- _Excerpted data_:
= = = =

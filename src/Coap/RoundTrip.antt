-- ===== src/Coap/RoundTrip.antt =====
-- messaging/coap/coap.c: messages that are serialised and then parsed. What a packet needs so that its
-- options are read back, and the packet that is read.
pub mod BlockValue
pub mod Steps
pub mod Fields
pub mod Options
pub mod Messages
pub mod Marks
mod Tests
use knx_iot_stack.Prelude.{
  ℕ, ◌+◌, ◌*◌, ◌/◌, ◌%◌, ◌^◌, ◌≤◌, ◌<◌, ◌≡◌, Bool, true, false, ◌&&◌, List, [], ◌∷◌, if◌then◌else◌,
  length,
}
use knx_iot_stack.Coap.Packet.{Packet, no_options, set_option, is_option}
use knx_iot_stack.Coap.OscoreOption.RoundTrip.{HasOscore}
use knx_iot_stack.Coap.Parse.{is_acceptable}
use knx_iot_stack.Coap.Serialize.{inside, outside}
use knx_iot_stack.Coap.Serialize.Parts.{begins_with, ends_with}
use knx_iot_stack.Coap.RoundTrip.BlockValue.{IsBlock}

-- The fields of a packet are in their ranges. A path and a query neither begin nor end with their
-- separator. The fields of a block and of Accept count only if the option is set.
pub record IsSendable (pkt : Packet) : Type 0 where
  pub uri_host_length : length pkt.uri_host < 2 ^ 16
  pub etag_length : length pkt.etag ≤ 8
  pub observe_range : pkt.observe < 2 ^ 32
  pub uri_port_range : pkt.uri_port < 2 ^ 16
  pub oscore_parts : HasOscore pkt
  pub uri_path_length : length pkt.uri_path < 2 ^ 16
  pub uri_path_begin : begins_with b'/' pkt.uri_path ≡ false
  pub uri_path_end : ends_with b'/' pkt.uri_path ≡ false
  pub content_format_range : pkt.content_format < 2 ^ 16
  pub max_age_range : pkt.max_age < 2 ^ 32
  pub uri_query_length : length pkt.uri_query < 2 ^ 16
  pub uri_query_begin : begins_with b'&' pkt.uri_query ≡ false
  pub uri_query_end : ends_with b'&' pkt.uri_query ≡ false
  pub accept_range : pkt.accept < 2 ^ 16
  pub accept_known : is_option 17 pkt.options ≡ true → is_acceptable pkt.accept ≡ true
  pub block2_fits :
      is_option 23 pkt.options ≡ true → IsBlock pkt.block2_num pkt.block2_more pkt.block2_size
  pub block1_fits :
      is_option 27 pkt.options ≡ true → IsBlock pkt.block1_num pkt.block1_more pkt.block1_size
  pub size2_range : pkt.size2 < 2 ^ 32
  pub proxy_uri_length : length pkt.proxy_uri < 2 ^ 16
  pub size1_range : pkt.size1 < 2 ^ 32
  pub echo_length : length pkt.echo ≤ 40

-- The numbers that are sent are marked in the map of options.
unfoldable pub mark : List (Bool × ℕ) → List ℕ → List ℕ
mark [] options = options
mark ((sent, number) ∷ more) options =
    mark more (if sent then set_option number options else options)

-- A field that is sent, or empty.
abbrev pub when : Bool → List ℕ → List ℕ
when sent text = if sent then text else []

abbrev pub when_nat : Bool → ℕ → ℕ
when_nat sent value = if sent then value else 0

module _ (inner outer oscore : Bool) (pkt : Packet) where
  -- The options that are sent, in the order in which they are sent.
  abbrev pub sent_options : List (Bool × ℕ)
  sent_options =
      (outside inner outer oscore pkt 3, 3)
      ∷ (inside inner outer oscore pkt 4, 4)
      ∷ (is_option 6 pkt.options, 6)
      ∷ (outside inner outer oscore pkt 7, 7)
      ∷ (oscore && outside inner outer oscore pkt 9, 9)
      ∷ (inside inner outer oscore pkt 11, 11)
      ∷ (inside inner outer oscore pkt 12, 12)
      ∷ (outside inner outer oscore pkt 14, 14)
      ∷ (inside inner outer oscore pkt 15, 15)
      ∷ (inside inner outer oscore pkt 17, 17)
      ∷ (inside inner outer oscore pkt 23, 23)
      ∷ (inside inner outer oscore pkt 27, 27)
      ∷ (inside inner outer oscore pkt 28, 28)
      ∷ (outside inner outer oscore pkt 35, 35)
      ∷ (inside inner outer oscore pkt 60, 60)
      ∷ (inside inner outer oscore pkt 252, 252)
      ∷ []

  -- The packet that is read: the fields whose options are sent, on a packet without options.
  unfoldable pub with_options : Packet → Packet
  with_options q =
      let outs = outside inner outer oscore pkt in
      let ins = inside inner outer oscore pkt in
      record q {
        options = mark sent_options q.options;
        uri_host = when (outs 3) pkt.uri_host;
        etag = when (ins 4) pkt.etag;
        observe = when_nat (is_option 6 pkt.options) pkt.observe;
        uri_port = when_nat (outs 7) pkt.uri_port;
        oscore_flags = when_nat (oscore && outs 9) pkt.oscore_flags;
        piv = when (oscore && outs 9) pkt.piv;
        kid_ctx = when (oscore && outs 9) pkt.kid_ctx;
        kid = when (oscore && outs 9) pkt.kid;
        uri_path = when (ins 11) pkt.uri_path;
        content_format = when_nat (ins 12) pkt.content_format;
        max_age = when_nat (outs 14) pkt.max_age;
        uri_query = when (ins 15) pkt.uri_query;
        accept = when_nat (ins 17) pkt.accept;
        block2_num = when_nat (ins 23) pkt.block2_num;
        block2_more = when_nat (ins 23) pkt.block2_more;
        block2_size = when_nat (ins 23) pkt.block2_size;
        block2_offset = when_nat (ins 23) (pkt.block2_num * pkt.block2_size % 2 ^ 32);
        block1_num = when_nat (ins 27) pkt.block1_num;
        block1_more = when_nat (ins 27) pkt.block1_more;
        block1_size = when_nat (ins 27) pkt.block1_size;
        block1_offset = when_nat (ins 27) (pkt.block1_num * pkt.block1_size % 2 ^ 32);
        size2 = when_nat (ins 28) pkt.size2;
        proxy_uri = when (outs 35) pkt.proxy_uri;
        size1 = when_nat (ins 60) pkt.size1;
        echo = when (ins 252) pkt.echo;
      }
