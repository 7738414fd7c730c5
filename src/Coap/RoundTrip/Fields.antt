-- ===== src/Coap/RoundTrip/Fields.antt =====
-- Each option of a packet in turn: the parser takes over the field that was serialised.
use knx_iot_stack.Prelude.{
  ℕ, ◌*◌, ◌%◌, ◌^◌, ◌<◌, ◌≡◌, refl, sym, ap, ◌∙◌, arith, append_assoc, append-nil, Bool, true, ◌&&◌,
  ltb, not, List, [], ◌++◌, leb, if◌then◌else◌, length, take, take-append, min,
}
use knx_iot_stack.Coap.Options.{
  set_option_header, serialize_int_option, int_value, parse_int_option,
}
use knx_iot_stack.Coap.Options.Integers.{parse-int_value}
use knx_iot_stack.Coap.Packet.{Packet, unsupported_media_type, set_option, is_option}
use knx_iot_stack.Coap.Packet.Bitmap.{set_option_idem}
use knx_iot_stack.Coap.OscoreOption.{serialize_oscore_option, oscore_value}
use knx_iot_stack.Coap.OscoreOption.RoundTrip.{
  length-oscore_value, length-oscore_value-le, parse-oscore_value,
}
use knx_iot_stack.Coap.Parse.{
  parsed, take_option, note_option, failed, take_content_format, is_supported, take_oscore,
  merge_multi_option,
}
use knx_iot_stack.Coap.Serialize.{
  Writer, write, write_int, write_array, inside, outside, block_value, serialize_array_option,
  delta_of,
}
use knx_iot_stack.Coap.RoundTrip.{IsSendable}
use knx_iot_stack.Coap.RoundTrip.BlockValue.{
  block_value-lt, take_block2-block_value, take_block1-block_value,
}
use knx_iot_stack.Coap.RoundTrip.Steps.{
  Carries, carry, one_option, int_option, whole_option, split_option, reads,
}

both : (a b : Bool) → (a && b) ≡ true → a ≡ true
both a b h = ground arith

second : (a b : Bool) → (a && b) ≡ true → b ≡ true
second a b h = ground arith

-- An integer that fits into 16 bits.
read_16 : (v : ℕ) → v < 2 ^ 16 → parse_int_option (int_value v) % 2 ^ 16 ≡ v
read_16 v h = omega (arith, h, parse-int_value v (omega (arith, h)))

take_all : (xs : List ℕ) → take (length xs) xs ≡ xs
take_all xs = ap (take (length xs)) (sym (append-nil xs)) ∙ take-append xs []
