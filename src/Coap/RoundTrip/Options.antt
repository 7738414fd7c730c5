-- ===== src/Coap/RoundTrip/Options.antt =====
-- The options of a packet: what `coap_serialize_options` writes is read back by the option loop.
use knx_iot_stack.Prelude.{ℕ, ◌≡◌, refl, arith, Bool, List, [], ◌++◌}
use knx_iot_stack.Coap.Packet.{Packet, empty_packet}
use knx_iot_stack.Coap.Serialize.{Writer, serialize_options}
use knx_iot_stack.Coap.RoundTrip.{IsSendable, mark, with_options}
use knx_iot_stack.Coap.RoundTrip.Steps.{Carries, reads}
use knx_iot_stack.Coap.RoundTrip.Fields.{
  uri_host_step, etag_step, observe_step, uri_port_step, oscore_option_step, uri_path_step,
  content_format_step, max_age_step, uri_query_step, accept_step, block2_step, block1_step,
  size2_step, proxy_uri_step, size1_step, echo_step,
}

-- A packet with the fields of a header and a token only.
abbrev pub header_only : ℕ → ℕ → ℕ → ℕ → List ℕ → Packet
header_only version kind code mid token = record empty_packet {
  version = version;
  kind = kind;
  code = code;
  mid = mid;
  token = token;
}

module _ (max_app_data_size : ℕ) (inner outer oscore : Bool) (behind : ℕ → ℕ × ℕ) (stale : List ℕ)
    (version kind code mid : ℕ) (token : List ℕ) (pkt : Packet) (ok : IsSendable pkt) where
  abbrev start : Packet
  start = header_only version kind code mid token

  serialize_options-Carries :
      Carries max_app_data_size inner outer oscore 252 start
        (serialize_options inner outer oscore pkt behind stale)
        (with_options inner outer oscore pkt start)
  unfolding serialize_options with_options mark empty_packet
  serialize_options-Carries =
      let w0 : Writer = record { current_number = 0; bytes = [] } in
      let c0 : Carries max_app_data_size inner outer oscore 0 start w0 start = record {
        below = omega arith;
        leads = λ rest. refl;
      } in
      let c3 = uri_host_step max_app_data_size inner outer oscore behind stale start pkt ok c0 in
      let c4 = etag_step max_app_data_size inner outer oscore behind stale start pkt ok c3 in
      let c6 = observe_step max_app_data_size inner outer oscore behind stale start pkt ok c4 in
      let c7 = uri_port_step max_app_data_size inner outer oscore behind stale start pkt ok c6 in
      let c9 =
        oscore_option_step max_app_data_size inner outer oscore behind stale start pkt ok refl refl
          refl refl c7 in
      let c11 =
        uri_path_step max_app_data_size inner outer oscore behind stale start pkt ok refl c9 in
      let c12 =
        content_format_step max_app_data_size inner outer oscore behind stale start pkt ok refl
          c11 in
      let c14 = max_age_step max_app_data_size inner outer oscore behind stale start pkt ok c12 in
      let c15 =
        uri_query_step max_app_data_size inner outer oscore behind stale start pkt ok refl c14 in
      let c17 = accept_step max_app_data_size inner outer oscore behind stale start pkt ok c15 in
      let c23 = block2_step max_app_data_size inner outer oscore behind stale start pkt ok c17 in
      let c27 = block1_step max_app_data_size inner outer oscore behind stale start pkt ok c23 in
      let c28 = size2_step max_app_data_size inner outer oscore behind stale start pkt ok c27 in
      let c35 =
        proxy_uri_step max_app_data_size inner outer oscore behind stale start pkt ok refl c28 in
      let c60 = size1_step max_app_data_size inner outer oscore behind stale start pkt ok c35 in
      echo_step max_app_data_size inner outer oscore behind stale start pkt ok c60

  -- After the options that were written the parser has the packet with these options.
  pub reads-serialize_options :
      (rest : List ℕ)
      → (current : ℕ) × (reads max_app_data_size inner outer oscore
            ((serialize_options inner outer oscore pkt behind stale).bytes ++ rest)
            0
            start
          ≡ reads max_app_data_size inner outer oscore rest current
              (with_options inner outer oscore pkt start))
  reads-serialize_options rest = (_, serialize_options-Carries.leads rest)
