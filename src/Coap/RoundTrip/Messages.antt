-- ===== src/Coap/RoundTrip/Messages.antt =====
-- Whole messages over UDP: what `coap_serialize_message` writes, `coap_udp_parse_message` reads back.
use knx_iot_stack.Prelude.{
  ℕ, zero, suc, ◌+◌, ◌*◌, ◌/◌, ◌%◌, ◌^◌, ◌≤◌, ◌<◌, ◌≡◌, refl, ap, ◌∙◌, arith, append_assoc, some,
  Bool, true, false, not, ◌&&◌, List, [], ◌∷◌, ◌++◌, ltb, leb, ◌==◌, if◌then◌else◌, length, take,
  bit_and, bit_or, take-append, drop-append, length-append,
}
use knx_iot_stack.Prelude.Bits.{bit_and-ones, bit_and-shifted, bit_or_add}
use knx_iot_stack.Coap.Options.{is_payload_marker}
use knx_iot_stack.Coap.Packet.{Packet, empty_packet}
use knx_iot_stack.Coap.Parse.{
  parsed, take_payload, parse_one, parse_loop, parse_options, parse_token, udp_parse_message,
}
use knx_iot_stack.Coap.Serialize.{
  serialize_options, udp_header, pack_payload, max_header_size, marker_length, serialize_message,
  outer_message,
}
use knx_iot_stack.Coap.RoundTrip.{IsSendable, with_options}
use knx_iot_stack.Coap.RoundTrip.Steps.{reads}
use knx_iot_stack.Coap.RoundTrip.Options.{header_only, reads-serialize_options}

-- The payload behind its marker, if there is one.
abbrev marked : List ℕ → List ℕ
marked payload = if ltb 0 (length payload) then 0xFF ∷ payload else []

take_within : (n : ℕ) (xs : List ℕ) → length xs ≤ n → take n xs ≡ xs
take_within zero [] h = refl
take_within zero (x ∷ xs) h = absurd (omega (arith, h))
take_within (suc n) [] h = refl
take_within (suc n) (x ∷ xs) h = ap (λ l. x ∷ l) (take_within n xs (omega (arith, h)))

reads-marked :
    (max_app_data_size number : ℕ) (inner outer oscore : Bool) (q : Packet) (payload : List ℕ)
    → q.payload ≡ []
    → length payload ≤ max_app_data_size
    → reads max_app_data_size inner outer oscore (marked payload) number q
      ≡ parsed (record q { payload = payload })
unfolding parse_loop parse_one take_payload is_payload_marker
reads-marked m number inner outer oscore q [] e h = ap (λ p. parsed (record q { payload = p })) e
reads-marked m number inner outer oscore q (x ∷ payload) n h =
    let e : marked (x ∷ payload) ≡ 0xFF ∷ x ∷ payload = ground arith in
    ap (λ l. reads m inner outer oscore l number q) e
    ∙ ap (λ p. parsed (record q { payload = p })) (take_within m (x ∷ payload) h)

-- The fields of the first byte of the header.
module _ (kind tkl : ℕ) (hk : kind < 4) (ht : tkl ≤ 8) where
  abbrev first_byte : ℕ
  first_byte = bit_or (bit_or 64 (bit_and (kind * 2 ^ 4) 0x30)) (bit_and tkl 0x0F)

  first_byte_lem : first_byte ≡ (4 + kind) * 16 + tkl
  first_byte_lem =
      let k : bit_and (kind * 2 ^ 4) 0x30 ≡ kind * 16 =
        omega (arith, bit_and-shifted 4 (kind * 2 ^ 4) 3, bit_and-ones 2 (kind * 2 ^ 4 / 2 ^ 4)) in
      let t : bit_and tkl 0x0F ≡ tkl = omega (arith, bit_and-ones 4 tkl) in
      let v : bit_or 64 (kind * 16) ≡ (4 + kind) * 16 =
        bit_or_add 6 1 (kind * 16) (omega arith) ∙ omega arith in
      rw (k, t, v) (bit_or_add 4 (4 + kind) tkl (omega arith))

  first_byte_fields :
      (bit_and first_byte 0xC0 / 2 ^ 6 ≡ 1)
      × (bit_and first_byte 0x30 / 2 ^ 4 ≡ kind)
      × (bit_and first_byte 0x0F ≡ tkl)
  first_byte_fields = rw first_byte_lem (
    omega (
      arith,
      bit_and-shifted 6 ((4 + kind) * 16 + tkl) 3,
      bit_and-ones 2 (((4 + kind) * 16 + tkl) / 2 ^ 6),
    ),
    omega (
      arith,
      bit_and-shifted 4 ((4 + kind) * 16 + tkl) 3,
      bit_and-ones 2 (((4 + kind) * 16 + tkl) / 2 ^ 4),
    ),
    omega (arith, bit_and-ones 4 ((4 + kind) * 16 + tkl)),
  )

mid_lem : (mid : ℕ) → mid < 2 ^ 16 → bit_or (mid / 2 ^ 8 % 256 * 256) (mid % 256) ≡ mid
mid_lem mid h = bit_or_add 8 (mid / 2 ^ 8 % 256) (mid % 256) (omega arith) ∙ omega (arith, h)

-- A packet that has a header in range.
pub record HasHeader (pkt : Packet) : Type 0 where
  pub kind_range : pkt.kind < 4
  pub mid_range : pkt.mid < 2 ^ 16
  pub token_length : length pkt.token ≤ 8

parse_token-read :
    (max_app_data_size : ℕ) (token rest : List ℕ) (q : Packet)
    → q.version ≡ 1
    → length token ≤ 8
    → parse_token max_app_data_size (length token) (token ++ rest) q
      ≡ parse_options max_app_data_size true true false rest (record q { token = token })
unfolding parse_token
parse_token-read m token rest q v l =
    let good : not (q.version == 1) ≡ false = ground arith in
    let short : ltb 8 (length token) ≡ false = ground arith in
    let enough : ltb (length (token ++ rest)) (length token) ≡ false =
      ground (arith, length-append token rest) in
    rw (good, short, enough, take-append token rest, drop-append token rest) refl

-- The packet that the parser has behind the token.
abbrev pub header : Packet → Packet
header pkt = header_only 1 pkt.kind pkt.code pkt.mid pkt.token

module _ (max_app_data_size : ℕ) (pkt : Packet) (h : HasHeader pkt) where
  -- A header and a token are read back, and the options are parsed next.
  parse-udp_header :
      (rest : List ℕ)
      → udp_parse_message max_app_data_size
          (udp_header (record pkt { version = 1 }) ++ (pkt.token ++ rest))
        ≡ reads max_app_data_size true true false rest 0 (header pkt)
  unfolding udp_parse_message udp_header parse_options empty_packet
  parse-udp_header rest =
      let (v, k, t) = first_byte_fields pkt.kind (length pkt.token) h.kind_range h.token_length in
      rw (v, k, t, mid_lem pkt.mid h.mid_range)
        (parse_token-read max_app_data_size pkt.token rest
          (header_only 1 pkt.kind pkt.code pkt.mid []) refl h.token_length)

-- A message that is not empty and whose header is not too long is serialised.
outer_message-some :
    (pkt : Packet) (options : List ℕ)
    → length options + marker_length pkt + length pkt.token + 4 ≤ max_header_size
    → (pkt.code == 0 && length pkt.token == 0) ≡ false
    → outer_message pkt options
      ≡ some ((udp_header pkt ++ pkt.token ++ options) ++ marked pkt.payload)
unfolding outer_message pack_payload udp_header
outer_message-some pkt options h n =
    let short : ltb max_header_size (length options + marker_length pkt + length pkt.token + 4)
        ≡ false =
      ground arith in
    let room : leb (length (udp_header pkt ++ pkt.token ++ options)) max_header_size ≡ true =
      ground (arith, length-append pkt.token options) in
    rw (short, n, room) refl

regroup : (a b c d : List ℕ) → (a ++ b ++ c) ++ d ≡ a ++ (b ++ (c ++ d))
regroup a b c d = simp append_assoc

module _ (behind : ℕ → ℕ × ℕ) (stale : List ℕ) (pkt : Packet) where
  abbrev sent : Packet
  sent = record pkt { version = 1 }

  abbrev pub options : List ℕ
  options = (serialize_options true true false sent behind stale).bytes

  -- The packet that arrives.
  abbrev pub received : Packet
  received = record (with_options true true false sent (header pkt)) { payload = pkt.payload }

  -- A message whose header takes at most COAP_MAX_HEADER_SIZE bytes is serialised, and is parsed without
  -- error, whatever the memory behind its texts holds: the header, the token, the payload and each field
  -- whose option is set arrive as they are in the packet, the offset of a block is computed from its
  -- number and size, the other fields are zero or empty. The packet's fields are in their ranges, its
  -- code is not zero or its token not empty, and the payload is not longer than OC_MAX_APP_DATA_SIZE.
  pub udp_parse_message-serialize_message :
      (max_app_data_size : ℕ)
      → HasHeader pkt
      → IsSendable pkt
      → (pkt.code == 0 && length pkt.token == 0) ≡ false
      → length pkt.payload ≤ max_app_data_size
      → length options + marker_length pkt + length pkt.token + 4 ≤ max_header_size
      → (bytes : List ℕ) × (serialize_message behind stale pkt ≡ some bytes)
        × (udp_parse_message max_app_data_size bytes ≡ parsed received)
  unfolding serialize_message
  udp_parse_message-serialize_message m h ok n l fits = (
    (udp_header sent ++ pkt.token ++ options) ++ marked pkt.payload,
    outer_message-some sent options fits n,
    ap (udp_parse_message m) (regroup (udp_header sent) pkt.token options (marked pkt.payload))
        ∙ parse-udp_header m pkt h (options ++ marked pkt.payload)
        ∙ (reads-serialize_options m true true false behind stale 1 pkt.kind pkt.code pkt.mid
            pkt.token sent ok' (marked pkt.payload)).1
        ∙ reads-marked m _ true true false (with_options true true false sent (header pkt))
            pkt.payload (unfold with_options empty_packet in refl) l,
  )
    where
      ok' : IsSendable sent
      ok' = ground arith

= = = =

- _What the task requires_: Keeping every character as it is, restate the lines above that run from the line with "-- error, whatever" through the line with "-- number and", both included, and nothing else.

- _Solution to this exercise_:
  -- error, whatever the memory behind its texts holds: the header, the token, the payload and each field
  -- whose option is set arrive as they are in the packet, the offset of a block is computed from its
  -- number and size, the other fields are zero or empty. The packet's fields are in their ranges, its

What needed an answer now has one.